<<<<

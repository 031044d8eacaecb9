-- ===== src/Registry/Laws/AddFeeds.antt =====
-- The loop of `DiscoverSessions` (libs/libkv8/src/Kv8Consumer.cpp) over the feeds of a session.
use mathlib.Core.List.{Memᴰ}
use mathlib.Core.List.Memᴰ.{append_left, append_right, cases_cons, not-nil}
use kv8_metrics.Prelude.{
  ℕ, suc, ◌+◌, ◌≡◌, inl, inr, refl, sym, ap, subst, ◌∙◌, some, List, [], ◌∷◌, ◌++◌, append_assoc,
  append-nil, get_elem?, ltb, ◌==◌, Bool-cases, Option-cases, arith,
}
use kv8_metrics.Prelude.Bytes.{Bytes}
use kv8_metrics.Prelude.Assoc.{find, bytes_eq, nat_eq}
use kv8_metrics.Udt.Types.{SchemaField, ResolvedSchema}
use kv8_metrics.Registry.{CounterMeta, SessionMeta}
use kv8_metrics.Registry.Virtual.{
  Timing, virtual_counter, push_fields, add_group, copy_timing, add_fields, add_schema, add_feed,
  add_feeds,
}
use kv8_metrics.Registry.Laws.Virtual.{virtual_counters, find-push_fields, virtual_counters-Memᴰ}

-- Buckets only grow.
abbrev pub Grows : List (ℕ × List CounterMeta) → List (ℕ × List CounterMeta) → Type 0
Grows m m' =
    (h : ℕ) (vs : List CounterMeta)
    → find h m ≡ some vs
    → (ws : List CounterMeta) × (find h m' ≡ some (vs ++ ws))

Grows-refl : (m : List (ℕ × List CounterMeta)) → Grows m m
Grows-refl m h vs e = ([], e ∙ ap some (sym (append-nil vs)))

Grows-trans : (a b c : List (ℕ × List CounterMeta)) → Grows a b → Grows b c → Grows a c
Grows-trans a b c p q h vs e =
    let (ws, e1) = p h vs e in
    let (us, e2) = q h (vs ++ ws) e1 in (ws ++ us, e2 ∙ ap some (append_assoc vs ws us))

copy_timing-counters :
    (t : Timing) (topic : Bytes) (sm : SessionMeta)
    → (copy_timing t topic sm).hash_to_counters ≡ sm.hash_to_counters
unfolding copy_timing
copy_timing-counters t topic sm = elim (Bool-cases (ltb 0 t.frequency)) [
  | inl e ↦ elim (Option-cases (find topic sm.topic_to_frequency)) [
    | inl e1 ↦ rw (e, e1) refl
    | inr (v, e1) ↦ rw (e, e1) refl
  ]
  | inr e ↦ rw e refl
]

add_fields-counters :
    (t : Timing) (fi hash : ℕ) (feed : CounterMeta) (fs : List SchemaField) (sm : SessionMeta)
    → (add_fields t fi (hash, feed) fs sm).hash_to_counters
      ≡ push_fields hash fi feed 0 fs sm.hash_to_counters
unfolding add_fields
add_fields-counters t fi hash feed fs sm =
    ap (push_fields hash fi feed 0 fs)
      (copy_timing-counters t feed.data_topic (add_group hash feed.name sm))

push_fields-Grows :
    (hash fi : ℕ) (feed : CounterMeta) (i : ℕ) (fs : List SchemaField) (vs : List CounterMeta)
    (m : List (ℕ × List CounterMeta))
    → find hash m ≡ some vs
    → Grows m (push_fields hash fi feed i fs m)
push_fields-Grows hash fi feed i fs vs m e h us e' = elim (Bool-cases (hash == h)) [
  | inl same ↦ (
    virtual_counters fi feed i fs,
    ground (arith, find-push_fields hash fi feed i fs vs m h e, e, e'),
  )
  | inr other ↦
      ([], ground (arith, find-push_fields hash fi feed i fs vs m h e, e, e', append-nil us))
]

-- Each field of the schema has its counter in the bucket.
abbrev pub Synthesized : ℕ → CounterMeta → ResolvedSchema → List (ℕ × List CounterMeta) → Type 0
Synthesized hash feed r m =
    (fi : ℕ) × (cms : List CounterMeta) × (find hash m ≡ some cms)
    × ((i : ℕ) (f : SchemaField)
        → get_elem? r.fields i ≡ some f
        → Memᴰ (virtual_counter fi feed i f) cms)

Synthesized-Grows :
    (hash : ℕ) (feed : CounterMeta) (r : ResolvedSchema) (m m' : List (ℕ × List CounterMeta))
    → Grows m m'
    → Synthesized hash feed r m
    → Synthesized hash feed r m'
Synthesized-Grows hash feed r m m' grows (fi, cms, found, all) =
    let (ws, found') = grows hash cms found in
    (fi, cms ++ ws, found', λ i f e. append_left ws (all i f e))

add_schema-counters :
    (t : Timing) (fi hash : ℕ) (feed : CounterMeta) (fs : List SchemaField) (sm : SessionMeta)
    → (add_schema t fi (hash, feed) fs sm).hash_to_counters
      ≡ push_fields hash fi feed 0 fs sm.hash_to_counters
unfolding add_schema push_fields
add_schema-counters t fi hash feed [] sm = refl
add_schema-counters t fi hash feed (f ∷ fs) sm = add_fields-counters t fi hash feed (f ∷ fs) sm

module _ (t : Timing) (resolved : List (ℕ × ResolvedSchema)) where
  add_feed-counters :
      (fi hash : ℕ) (feed : CounterMeta) (r : ResolvedSchema) (sm : SessionMeta)
      → find hash resolved ≡ some r
      → (add_feed t resolved fi (hash, feed) sm).hash_to_counters
        ≡ push_fields hash fi feed 0 r.fields sm.hash_to_counters
  unfolding add_feed
  add_feed-counters fi hash feed r sm e =
      rw (e, add_feed) (add_schema-counters t fi hash feed r.fields sm)

  add_feed-Synthesized :
      (fi hash : ℕ) (feed : CounterMeta) (r : ResolvedSchema) (vs : List CounterMeta)
      (sm : SessionMeta)
      → find hash resolved ≡ some r
      → find hash sm.hash_to_counters ≡ some vs
      → Synthesized hash feed r (add_feed t resolved fi (hash, feed) sm).hash_to_counters
  add_feed-Synthesized fi hash feed r vs sm e found = (
    fi,
    vs ++ virtual_counters fi feed 0 r.fields,
    ground (
      arith,
      add_feed-counters fi hash feed r sm e,
      find-push_fields hash fi feed 0 r.fields vs sm.hash_to_counters hash found,
    ),
    λ i f at. append_right vs (
        subst (λ n. Memᴰ (virtual_counter fi feed n f) (virtual_counters fi feed 0 r.fields))
          {x = 0 + i} {y = i} (omega arith) (virtual_counters-Memᴰ fi feed 0 i r.fields f at)),
  )

  add_feed-Grows :
      (fi hash : ℕ) (feed : CounterMeta) (vs : List CounterMeta) (sm : SessionMeta)
      → find hash sm.hash_to_counters ≡ some vs
      → Grows sm.hash_to_counters (add_feed t resolved fi (hash, feed) sm).hash_to_counters
  unfolding add_feed
  add_feed-Grows fi hash feed vs sm e = elim (Option-cases (find hash resolved)) [
    | inl missing ↦ rw (missing, add_feed) (Grows-refl sm.hash_to_counters)
    | inr (r, found) ↦
        subst (Grows sm.hash_to_counters) (sym (add_feed-counters fi hash feed r sm found))
          (push_fields-Grows hash fi feed 0 r.fields vs sm.hash_to_counters e)
  ]

  -- All feeds have their bucket.
  abbrev pub Bucketed : List (ℕ × CounterMeta) → List (ℕ × List CounterMeta) → Type 0
  Bucketed feeds m =
      (p : ℕ × CounterMeta) → Memᴰ p feeds → (vs : List CounterMeta) × (find p.0 m ≡ some vs)

  Bucketed-Grows :
      (feeds : List (ℕ × CounterMeta)) (m m' : List (ℕ × List CounterMeta))
      → Grows m m'
      → Bucketed feeds m
      → Bucketed feeds m'
  Bucketed-Grows feeds m m' grows all p at =
      let (vs, e) = all p at in let (ws, e') = grows p.0 vs e in (vs ++ ws, e')

  add_feeds-Grows :
      (fi : ℕ) (feeds : List (ℕ × CounterMeta)) (sm : SessionMeta)
      → Bucketed feeds sm.hash_to_counters
      → Grows sm.hash_to_counters (add_feeds t resolved fi feeds sm).hash_to_counters
  unfolding add_feeds
  add_feeds-Grows fi [] sm all = Grows-refl sm.hash_to_counters
  add_feeds-Grows fi ((hash, feed) ∷ feeds) sm all =
      let (vs, e) = all (hash, feed) (Memᴰ.head refl) in
      let sm' = add_feed t resolved fi (hash, feed) sm in
      let first = add_feed-Grows fi hash feed vs sm e in
      Grows-trans sm.hash_to_counters sm'.hash_to_counters _ first (
        add_feeds-Grows (suc fi) feeds sm' (
          Bucketed-Grows feeds sm.hash_to_counters sm'.hash_to_counters first
            (λ p m. all p (Memᴰ.tail m))))

  pub add_feeds-Synthesized :
      (fi : ℕ) (feeds : List (ℕ × CounterMeta)) (hash : ℕ) (feed : CounterMeta) (r : ResolvedSchema)
      (sm : SessionMeta)
      → Bucketed feeds sm.hash_to_counters
      → Memᴰ (hash, feed) feeds
      → find hash resolved ≡ some r
      → Synthesized hash feed r (add_feeds t resolved fi feeds sm).hash_to_counters
  unfolding add_feeds
  add_feeds-Synthesized fi [] hash feed r sm all m e = absurd (not-nil m)
  add_feeds-Synthesized fi ((h, g) ∷ feeds) hash feed r sm all m e =
      let (vs, found) = all (h, g) (Memᴰ.head refl) in
      let sm' = add_feed t resolved fi (h, g) sm in
      let first = add_feed-Grows fi h g vs sm found in
      let rest =
        Bucketed-Grows feeds sm.hash_to_counters sm'.hash_to_counters first
          (λ p n. all p (Memᴰ.tail n)) in
      elim (cases_cons m) [
        | inr later ↦ add_feeds-Synthesized (suc fi) feeds hash feed r sm' rest later e
        | inl same ↦
            let here =
              add_feed-Synthesized fi h g r vs sm
                (ap (λ k. find k resolved) (sym (ap (λ q. q.0) same)) ∙ e) found in
            let moved : Synthesized hash feed r sm'.hash_to_counters =
              subst (λ (q : ℕ × CounterMeta). Synthesized q.0 q.1 r sm'.hash_to_counters) (sym same)
                here in
            Synthesized-Grows hash feed r sm'.hash_to_counters _
              (add_feeds-Grows (suc fi) feeds sm' rest) moved
      ]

>>>>

● Exercise details:
Locate all lines in the listing above with the word "SchemaField". Copy them.

● Answer box:
use kv8_metrics.Udt.Types.{SchemaField, ResolvedSchema}
    (t : Timing) (fi hash : ℕ) (feed : CounterMeta) (fs : List SchemaField) (sm : SessionMeta)
    (hash fi : ℕ) (feed : CounterMeta) (i : ℕ) (fs : List SchemaField) (vs : List CounterMeta)
    × ((i : ℕ) (f : SchemaField)
    (t : Timing) (fi hash : ℕ) (feed : CounterMeta) (fs : List SchemaField) (sm : SessionMeta)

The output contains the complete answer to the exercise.